R and Python commingled: Creating a PyTorch project with RPyStats. Season 1, Episode 4

Alfonso R. Reyes
(16 July 2019)

Online


Introduction

Now that you have your machine with the core applications installed (Season1, Episode 3), in this episode we will cover the steps to create a machine learning project commingling R and Python. I will call this project rpystats-apollo11.

What rpystats-apollo11 will do is training a neural network using the MNIST dataset to recognize hand-written digits. I will write the code in pure Python first, and then in R in two separate Rmarkdown notebooks running in RStudio. Both will use PyTorch.

The code will be made available as a GitHub repository.

Workflow and steps

The steps to create this RPyStats project are:

  1. Create the master project.
  2. Change (cd) to the master project directory
  3. Add a master package to hold all the library declarations
  4. Describe the R and Python packages in the DESCRIPTION file
  5. Indicate in the PARAMETERS file that Python conda will be used.
  6. Install the R dependencies
  7. Install the Python dependencies
  8. Housekeeping: files, folders and something else
  9. Add the application code to the notebooks
  10. Run the notebooks
  11. Prepare for deployment
  12. Run the RPyStats application

To perform some of these tasks you should use the terminal (Bash, Windows CMD, Git Bash, or your favorite). You could also use the RStudio terminal. To modify the configuration files of the master project (PARAMETERS, DESCRIPTION, .gitignore, etc.), you may also use RStudio or your favorite text editor.

1. Create the master project

We start by adding an extra layer of control above any other type of project: an R project, a Python project, or an R package, or a Python package. This the concept of of a master project.

I will start by assigning a name to the master project. Let’s call it rpystats-apollo11. From a terminal, the master RPyStats project is created with this rsuite command:

rsuite proj start -n rpystats-apollo11

From RStudio, the master project will look like this:

No alt text provided for this image

From Windows File Explorer:

No alt text provided for this image

What is new in a RPyStats master project with a typical RStudio project is this:

  1. A config_templ.txt file
  2. The deployment folder
  3. The logs folder
  4. The packages folder
  5. The PARAMETERS file
  6. The conda folder, which you don’t see here yet because we haven’t sent the command to add the Python dependencies.

For the moment there are two objects of interest: the PARAMETERS file and packages folder.

2. Change (cd) to the master project directory

Because we will be sending commands only applicable to this particular project, we have to enter into the rpystats-apollo11 folder.

cd rpystats-apollo11

3. Add a master package

Now that we are in the master project folder, we start creating packages, folder or sub-projects.
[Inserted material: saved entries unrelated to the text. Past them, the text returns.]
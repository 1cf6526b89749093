-- ===== src/Proxy/Dispatch.antt =====
-- What the server does with a client's commands: the loop of `MysqlProxy.handle` and the answers
-- `answer_stmt_prepare`, `answer_stmt_fetch`, `answer_stmt_close` and `change_default_db` of
-- mindsdb/api/mysql/mysql_proxy/mysql_proxy.py. Error packets have their codes, without the texts.
-- The work of the SQL engine is the record Engine: `S` is the type of the query objects, `W` the
-- rest of the world, `Row` a row and `R` a packet of the engine's own answers.
pub mod Loop
pub mod Numbers
use mindsdb_database_ai.Prelude.{
  ℕ, zero, suc, ◌+◌, Bool, true, false, not, Option, none, some, List, [], ◌∷◌, ◌++◌, map, length,
  replicate, Result, ok, raise, attribute_error, ◌&&◌, ◌||◌, ltb, ◌==◌, if◌then◌else◌,
}
use mindsdb_database_ai.Prelude.Bytes.{Bytes}
use mindsdb_database_ai.Prelude.Text.{Str, decode}
use mindsdb_database_ai.Prelude.StrEq.{eqb}
use mindsdb_database_ai.Prelude.Table.{Table, lookup, insert}
use mindsdb_database_ai.Wire.Datum.{Value, bytes, num}
use mindsdb_database_ai.Session.{
  StmtType, select_stmt, insert_stmt, delete_stmt, lock_stmt, show_variables, Stmt, register_stmt,
  unregister_stmt, FetchStatus, stmt_fetch,
}
use mindsdb_database_ai.Proxy.Command.{
  Command, with_sql, execute, close, fetch, init_db, with_data, com_query, com_quit,
}

-- The classes of statements that `answer_stmt_prepare` tells apart; an insert has the parts of its
-- table's name.
pub data Parsed : Type 0 where
  insert_into : List Str → Parsed
  select : (for_update : Bool) → Parsed
  delete : Parsed
  show : (variables : Bool) → Parsed
  other_statement : Parsed

pub data Sent {ℓ κ} (Row : Type ℓ) (R : Type κ) : Type (ℓ ⊔ κ) where
  ok_sent : Sent Row R
  err_sent : (err_code : ℕ) → Sent Row R
  header_sent : (stmt_id num_columns num_params : ℕ) → Sent Row R
  column_sent eof_sent : Sent Row R
  row_sent : Row → Sent Row R
  last_sent : FetchStatus → Sent Row R
  engine_sent : R → Sent Row R

-- ERR.ER_SYNTAX_ERROR, the code of an exception that has none.
abbrev pub er_syntax_error : ℕ
er_syntax_error = 1149

abbrev pub er_bad_db_error : ℕ
er_bad_db_error = 1049

abbrev pub er_non_insertable_table : ℕ
er_non_insertable_table = 1471

pub record Session {ℓ κ} (S : Type ℓ) (W : Type κ) : Type (ℓ ⊔ κ) where
  pub prepared_stmts : Table (Stmt S)
  pub database : Str
  pub world : W

-- What a handler leaves: the session, the packets it has sent, and the code of the exception that
-- ended it, if one did.
abbrev pub Outcome {ℓ κ μ ν} : Type ℓ → Type κ → Type μ → Type ν → Type (ℓ ⊔ κ ⊔ μ ⊔ ν)
Outcome S W Row R = Session S W × List (Sent Row R) × Option ℕ

-- What the engine leaves of a session when it answers a query or executes a statement, which touch
-- no prepared statement's number: the rest of the session, what it has sent, and an exception's code.
pub record Answered {ℓ κ μ} (W : Type ℓ) (Row : Type κ) (R : Type μ) : Type (ℓ ⊔ κ ⊔ μ) where
  pub database : Str
  pub world : W
  pub sent : List (Sent Row R)
  pub error : Option ℕ

pub record Engine {ℓ κ μ ν} (S : Type ℓ) (W : Type κ) (Row : Type μ) (R : Type ν)
    : Type (ℓ ⊔ κ ⊔ μ ⊔ ν) where
  -- `SQLQuery(sql, session=…, execute=False)`, and `prepare_query`: the query, or an error's code.
  pub new_query : Str → Session S W → Option ℕ × S
  pub prepare_query : S → Session S W → Option ℕ × S
  pub parsed : S → Parsed
  pub columns : S → ℕ
  pub parameters : S → ℕ
  -- `fetch`: an error's code, or the rows of the result.
  pub fetch_rows : S → Session S W → Option ℕ × List Row
  pub is_db_exists : Str → W → Bool
  pub query_answer : Str → Session S W → Answered W Row R
  -- The rest of `answer_stmt_execute`, and what executing makes of the statement's query.
  pub execute_stmt : Stmt S → List (Option Value) → Session S W → S × Answered W Row R

-- `s.lower()` as far as comparing it with 'mindsdb' needs: no other letter becomes one of these.
abbrev lower_char : ℕ → ℕ
lower_char c = if not (ltb c 65) && ltb c 91 then c + 32 else c

-- "mindsdb", "predictors", "commands", "null"
abbrev pub mindsdb : Str
mindsdb = b'm' ∷ b'i' ∷ b'n' ∷ b'd' ∷ b's' ∷ b'd' ∷ b'b' ∷ []

abbrev pub predictors : Str
predictors = b'p' ∷ b'r' ∷ b'e' ∷ b'd' ∷ b'i' ∷ b'c' ∷ b't' ∷ b'o' ∷ b'r' ∷ b's' ∷ []

abbrev pub commands : Str
commands = b'c' ∷ b'o' ∷ b'm' ∷ b'm' ∷ b'a' ∷ b'n' ∷ b'd' ∷ b's' ∷ []

abbrev pub null_name : Str
null_name = b'n' ∷ b'u' ∷ b'l' ∷ b'l' ∷ []

abbrev last_part : Str → List Str → Str
last_part p [] = p
last_part p (q ∷ ps) = last_part q ps

-- The two tests on an insert's table; the parser gives a name of one part at least.
unfoldable pub may_insert : Str → List Str → Bool
may_insert database [] = true
may_insert database (p ∷ ps) =
    not (
      (ltb 1 (length (p ∷ ps)) && not (eqb (map lower_char p) mindsdb))
      || ((length (p ∷ ps) == 1) && not (eqb database mindsdb)))
    && (eqb (last_part p ps) predictors || eqb (last_part p ps) commands)

-- The type that a statement gets, the error that follows, and how many columns and parameters the
-- answer announces.
pub record Plan : Type 0 where
  pub stmt_type : Option StmtType
  pub error : Option ℕ
  pub num_columns : ℕ
  pub num_params : ℕ

abbrev plan : Option StmtType → Option ℕ → ℕ → ℕ → Plan
plan t e c p = record { stmt_type = t; error = e; num_columns = c; num_params = p }

unfoldable pub plan_of : Str → Parsed → ℕ → ℕ → Plan
plan_of database (insert_into parts) c p =
    plan (some insert_stmt)
      (if may_insert database parts then none else some er_non_insertable_table) c p
plan_of database (select true) c p = plan (some lock_stmt) none c p
plan_of database (select false) c p = plan (some select_stmt) none c p
plan_of database delete c p = plan (some delete_stmt) none p p
plan_of database (show true) c p = plan (some show_variables) none 2 0
plan_of database (show false) c p = plan none (some er_syntax_error) c p
plan_of database other_statement c p = plan none (some er_syntax_error) c p

module _ {ℓ κ μ ν} {S : Type ℓ} {W : Type κ} {Row : Type μ} {R : Type ν} (engine : Engine S W Row R)
    (deprecate_eof : Bool) where
  abbrev pub with_stmts : Session S W → Table (Stmt S) → Session S W
  with_stmts s stmts = record s { prepared_stmts = stmts }

  -- Definitions and, for a client that wants it, the end-of-rows packet.
  abbrev pub definitions : ℕ → List (Sent Row R)
  definitions zero = []
  definitions (suc n) =
      replicate (suc n) column_sent ++ (if deprecate_eof then [] else eof_sent ∷ [])

  -- `prepared_stmt`, once its query has been prepared.
  abbrev pub with_stmt : ℕ → Option StmtType → S → Session S W → Session S W
  with_stmt stmt_id t query s =
      with_stmts s
        (insert stmt_id (record { stmt_type = t; statement = query; fetched = 0 }) s.prepared_stmts)

  abbrev pub planned : ℕ → S → Session S W → Plan → Outcome S W Row R
  planned stmt_id query s p = (
    with_stmt stmt_id p.stmt_type query s,
    elim p.error [
      | some code ↦ []
      | none ↦
          header_sent stmt_id p.num_columns p.num_params ∷ definitions p.num_params
          ++ definitions p.num_columns
    ],
    p.error,
  )

  -- `answer_stmt_prepare`, from where the statement has a number on.
  unfoldable pub prepare_registered : ℕ → Session S W → Option ℕ × S → Outcome S W Row R
  prepare_registered stmt_id s (some code, query) = (with_stmt stmt_id none query s, [], some code)
  prepare_registered stmt_id s (none, query) =
      planned stmt_id query s
        (plan_of s.database (engine.parsed query) (engine.columns query) (engine.parameters query))

  abbrev pub prepare_query : Session S W → Option ℕ × S → Outcome S W Row R
  prepare_query s (some code, sqlquery) = (s, [], some code)
  prepare_query s (none, sqlquery) = elim (register_stmt sqlquery s.prepared_stmts) [
    | raise e ↦ (s, [], some er_syntax_error)
    | ok r ↦
        let s' = with_stmts s r.0 in prepare_registered r.1 s' (engine.prepare_query sqlquery s')
  ]

  unfoldable pub answer_stmt_prepare : Str → Session S W → Outcome S W Row R
  answer_stmt_prepare sql s = prepare_query s (engine.new_query sql s)

  abbrev pub fetched_rows : ℕ → ℕ → Stmt S → Session S W → Option ℕ × List Row → Outcome S W Row R
  fetched_rows stmt_id limit stmt s (some code, result) = (s, err_sent code ∷ [], none)
  fetched_rows stmt_id limit stmt s (none, result) =
      let (rows, status, stmt') = stmt_fetch result limit stmt in
      (
        with_stmts s (insert stmt_id stmt' s.prepared_stmts),
        map row_sent rows ++ last_sent status ∷ [],
        none,
      )

  unfoldable pub answer_stmt_fetch : ℕ → ℕ → Session S W → Outcome S W Row R
  answer_stmt_fetch stmt_id limit s = elim (lookup stmt_id s.prepared_stmts) [
    | none ↦ (s, [], some er_syntax_error)
    | some stmt ↦ fetched_rows stmt_id limit stmt s (engine.fetch_rows stmt.statement s)
  ]

  unfoldable pub answer_stmt_close : ℕ → Session S W → Outcome S W Row R
  answer_stmt_close stmt_id s = elim (unregister_stmt stmt_id s.prepared_stmts) [
    | raise e ↦ (s, [], some er_syntax_error)
    | ok stmts ↦ (with_stmts s stmts, [], none)
  ]

  unfoldable pub change_default_db : Str → Session S W → Session S W × Option ℕ
  change_default_db db_name s =
      if eqb db_name null_name
      then (s, none)
      else if engine.is_db_exists db_name s.world
      then (record s { database = db_name }, none)
      else (s, some er_bad_db_error)

  abbrev pub answer_init_db : Session S W × Option ℕ → Outcome S W Row R
  answer_init_db (s, none) = (s, ok_sent ∷ [], none)
  answer_init_db (s, some code) = (s, [], some code)

  -- `decode_utf`, which answers with an error and raises.
  abbrev pub on_text :
      Result Str → Session S W → (Str → Session S W → Outcome S W Row R) → Outcome S W Row R
  on_text (ok sql) s answer = answer sql s
  on_text (raise e) s answer = (s, err_sent er_syntax_error ∷ [], some er_syntax_error)

  abbrev pub decoded_value : Value → Result Str
  decoded_value (bytes bs) = decode bs
  decoded_value v = raise attribute_error

  abbrev pub on_name : Result Str → Session S W → Outcome S W Row R
  on_name (ok name) s = answer_init_db (change_default_db name s)
  on_name (raise e) s = (s, [], some er_syntax_error)

  abbrev pub number : Value → ℕ
  number (num n) = n
  number v = 0

  abbrev pub answered : Session S W → Answered W Row R → Outcome S W Row R
  answered s a = (record s { database = a.database; world = a.world }, a.sent, a.error)

  unfoldable pub query_answer : Str → Session S W → Outcome S W Row R
  query_answer sql s = answered s (engine.query_answer sql s)

  abbrev pub executed : ℕ → Stmt S → Session S W → S × Answered W Row R → Outcome S W Row R
  executed stmt_id stmt s (query, a) =
      answered (with_stmts s (insert stmt_id (record stmt { statement = query }) s.prepared_stmts))
        a

  unfoldable pub answer_stmt_execute : ℕ → List (Option Value) → Session S W → Outcome S W Row R
  answer_stmt_execute stmt_id parameters s = elim (lookup stmt_id s.prepared_stmts) [
    | none ↦ (s, [], some er_syntax_error)
    | some stmt ↦ executed stmt_id stmt s (engine.execute_stmt stmt parameters s)
  ]

  -- The branches of the loop, without COM_QUIT; `clear_sql` is part of `query_answer`.
  unfoldable pub answer : Command → Session S W → Outcome S W Row R
  answer (with_sql type sql) s =
      if number type == com_query
      then on_text (decoded_value sql) s query_answer
      else on_text (decoded_value sql) s answer_stmt_prepare
  answer (execute stmt_id flags iteration_count parameters) s =
      answer_stmt_execute (number stmt_id) parameters s
  answer (fetch stmt_id limit) s = answer_stmt_fetch (number stmt_id) (number limit) s
  answer (close stmt_id) s = answer_stmt_close (number stmt_id) s
  answer (init_db database) s = on_name (decoded_value database) s
  answer (with_data type rest) s = (s, ok_sent ∷ [], none)

  -- The two `except` clauses.
  abbrev pub caught : Outcome S W Row R → Session S W × List (Sent Row R)
  caught (s, sent, none) = (s, sent)
  caught (s, sent, some code) = (s, sent ++ err_sent code ∷ [])

  abbrev pub is_quit : Command → Bool
  is_quit (with_data type rest) = number type == com_quit
  is_quit c = false

  -- The loop: `p.get()` gives a command, or ends the connection, as COM_QUIT does: it raises, returns
  -- False, or leaves an empty packet, which has no type. At the end of the list the server waits.
  unfoldable pub handle :
      List (Option Command) → Session S W → Bool × Session S W × List (Sent Row R)
  handle [] s = (true, s, [])
  handle (none ∷ rest) s = (false, s, [])
  handle (some c ∷ rest) s = elim (is_quit c) [
    | true ↦ (false, s, [])
    | false ↦
        let (s', sent) = caught (answer c s) in
        let (waiting, s'', sent') = handle rest s' in (waiting, s'', sent ++ sent')
  ]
For this example, we will create the package apollo11.pkg. This package will contain the R and Python libraries definition. You create a child-package with this rsuite command from the terminal:

 rsuite proj pkgadd -n apollo11.pkg

If you enter into the packages folder, you will see this:

No alt text provided for this image

And if you enter into the folder of package apollo1.pkg you will find a typical R package structure, including version control files such as the .git folder. In the next step, we will edit the DESCRIPTION file in the master package.

No alt text provided for this image

4. Describe the R and Python packages in the DESCRIPTION file

If you are in RStudio, click on the DESCRIPTION file. We want to edit it. This is how the original DESCRIPTION file looks like:

No alt text provided for this image

In R, the DESCRIPTION file defines the capabilities of the package. Here we enter the R libraries, and Python libraries, that will be required for the application. After entering these library definitions save the file.

No alt text provided for this image

Take a look at the keywords Imports and SystemRequirements.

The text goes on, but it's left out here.